In the early 2000s, encryption was an exotic word only developers and cyber geeks used. Fast forward one decade and almost everyone has heard about encryption; but few truly understand it.
Encryption conveys security, privacy and trust. There's a sense of comfort in the complexity behind encryption. If it's so difficult to understand, it must be equally difficult to crack.
It’s kind of like taking your seat in an airplane and thinking, “I still don’t truly understand how planes get me to where I need to go safely, but certainly some smart people have it all figured out. Right?”. Many companies capitalize on these emotions in their branding and marketing efforts.
But of course, reality is a little more complicated than that. Not all airplanes are made equal. Some are old. Some don’t get regular maintenance checks. Some are designed for safety first, or for speed and performance. Others are designed for comfort. The same principles apply to digital security; not all encryption is equal.
Many apps and digital services capitalize on these emotions in their branding and marketing. Encryption is everywhere. But of course, reality is a little more complicated than that; encryption is not created equal.
When it comes to online communication, encryption on its own doesn’t cut it. Hackers have long since figured out how to exploit loopholes and backdoors in simple encryption systems. And technology has advanced so rapidly that outdated encryption systems haven't kept up.
In response, encryption protocols have had to become more advanced and difficult to decipher. Swiftly taking over the secure communication world is end-to-end encryption.

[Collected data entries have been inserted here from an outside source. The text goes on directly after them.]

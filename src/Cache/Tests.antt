-- ===== src/Cache/Tests.antt =====
-- src/kayak/db/cache.py on a few observations, with the theorems applied.
use kayak_python.Base.{
  ℕ, ◌-◌, ◌*◌, ◌/◌, ◌≡◌, refl, ◌&&◌, Option, some, List, [], ◌∷◌, ◌==◌, if◌then◌else◌,
}
use mathlib.Core.Option
use kayak_python.Observations.Store.{flow, same_type, Observation, hour}
use kayak_python.Cache.Tables.{
  LatestGaugeObservation, GaugeSource, first_row, get_latest, get_latest_gauge, save, update_latest,
  update_latest_gauge,
}
use kayak_python.Cache.Bulk.{Julian, joined, rank, pick, update_all_latest_gauges}
use kayak_python.Cache.Newest.{Shows, update_latest-Shows}
use kayak_python.Cache.Agreement.{without_delta, bulk_is_loop}

abbrev observation : ℕ → ℕ → ℕ → Observation ℕ ℕ
observation i at v = record { source_id = i; observed_at = at * hour; data_type = flow; value = v }

-- Two sources of the gauge 1; the higher source wins when both report at the hour 12.
abbrev observations : List (Observation ℕ ℕ)
observations =
    observation 7 5 10 ∷ observation 7 12 40 ∷ observation 8 12 60 ∷ observation 8 11 55 ∷ []

-- An observation exactly six hours before the newest one.
abbrev at_six_hours : List (Observation ℕ ℕ)
at_six_hours = observation 7 5 10 ∷ observation 7 6 20 ∷ observation 7 12 40 ∷ []

abbrev links : List GaugeSource
links = record { gauge_id = 1; source_id = 7 } ∷ record { gauge_id = 1; source_id = 8 } ∷ []

abbrev per_hour : ℕ → ℕ → ℕ → ℕ
per_hour v w elapsed = (v - w) / (elapsed / hour)

abbrev julian : Julian ℕ
julian = record {
  hours_between = λ a b. (a - b) / hour;
  is_zero = λ h. h == 0;
  rate = λ x y h. (x - y) / h;
}

abbrev prev_of_gauge : Option (LatestGaugeObservation ℕ) → Option (Option ℕ)
prev_of_gauge row = Option.map (λ r. r.prev_value) row

abbrev value_of_gauge : Option (LatestGaugeObservation ℕ) → Option ℕ
value_of_gauge row = Option.map (λ r. r.value) row

source_latest :
    get_latest 7 flow (update_latest per_hour 7 flow observations [])
    ≡ some record {
      source_id = 7;
      data_type = flow;
      observed_at = 12 * hour;
      value = 40;
      prev_observed_at = some (5 * hour);
      prev_value = some 10;
      delta_per_hour = some 4;
    }
unfolding get_latest update_latest first_row save
source_latest = refl

gauge_tie :
    value_of_gauge
      (get_latest_gauge 1 flow (update_latest_gauge per_hour links 0 1 flow observations []))
    ≡ some 60
unfolding get_latest_gauge update_latest_gauge first_row save
gauge_tie = refl

-- The loop takes the row at six hours as the previous one, the bulk rebuild the one before it.
loop_at_six_hours :
    prev_of_gauge
      (get_latest_gauge 1 flow (update_latest_gauge per_hour links 0 1 flow at_six_hours []))
    ≡ some (some 20)
unfolding get_latest_gauge update_latest_gauge first_row save
loop_at_six_hours = refl

bulk_at_six_hours :
    prev_of_gauge (get_latest_gauge 1 flow (update_all_latest_gauges julian links 0 at_six_hours))
    ≡ some (some 10)
unfolding get_latest_gauge update_all_latest_gauges joined rank pick
bulk_at_six_hours = refl

update_latest-Shows_example :
    Shows per_hour 7 flow observations
      (get_latest 7 flow (update_latest per_hour 7 flow observations []))
    × (get_latest 8 flow (update_latest per_hour 7 flow observations []) ≡ (
        if 8 == 7 && same_type flow flow
        then get_latest 7 flow (update_latest per_hour 7 flow observations [])
        else get_latest 8 flow []))
update_latest-Shows_example = update_latest-Shows per_hour 7 flow observations 8 flow []

bulk_is_loop_example :
    Option.map
      (without_delta 1 flow links 0 julian per_hour)
      (get_latest_gauge 1 flow (update_all_latest_gauges julian links 0 observations))
    ≡ Option.map
        (without_delta 1 flow links 0 julian per_hour)
        (get_latest_gauge 1 flow (update_latest_gauge per_hour links 0 1 flow observations []))
unfolding first_row
bulk_is_loop_example =
    bulk_is_loop 1 flow links 0 julian per_hour observations [] (refl, (refl, (refl, (refl, tt))))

In this article, we’ll walk you through what it is, how it works and why you’re never secure without it.
Why Do I Need to Protect My Online Communications?
Anyone who cares about their privacy and still wants to use online tools to send emails, texts, voice notes, make phone calls and share files needs to consider the security of encryption. Here’s why.
Whatever app you use, once you type in a message and click send, your most valuable data is immediately sent out to the jungle of the internet. And like a jungle, the internet can be an intricate and dangerous place.
When we communicate through chat apps, our private conversations pass through countless unknown servers, routers and devices - giving unauthorized organizations, hackers, or corporate entities a chance to intercept it.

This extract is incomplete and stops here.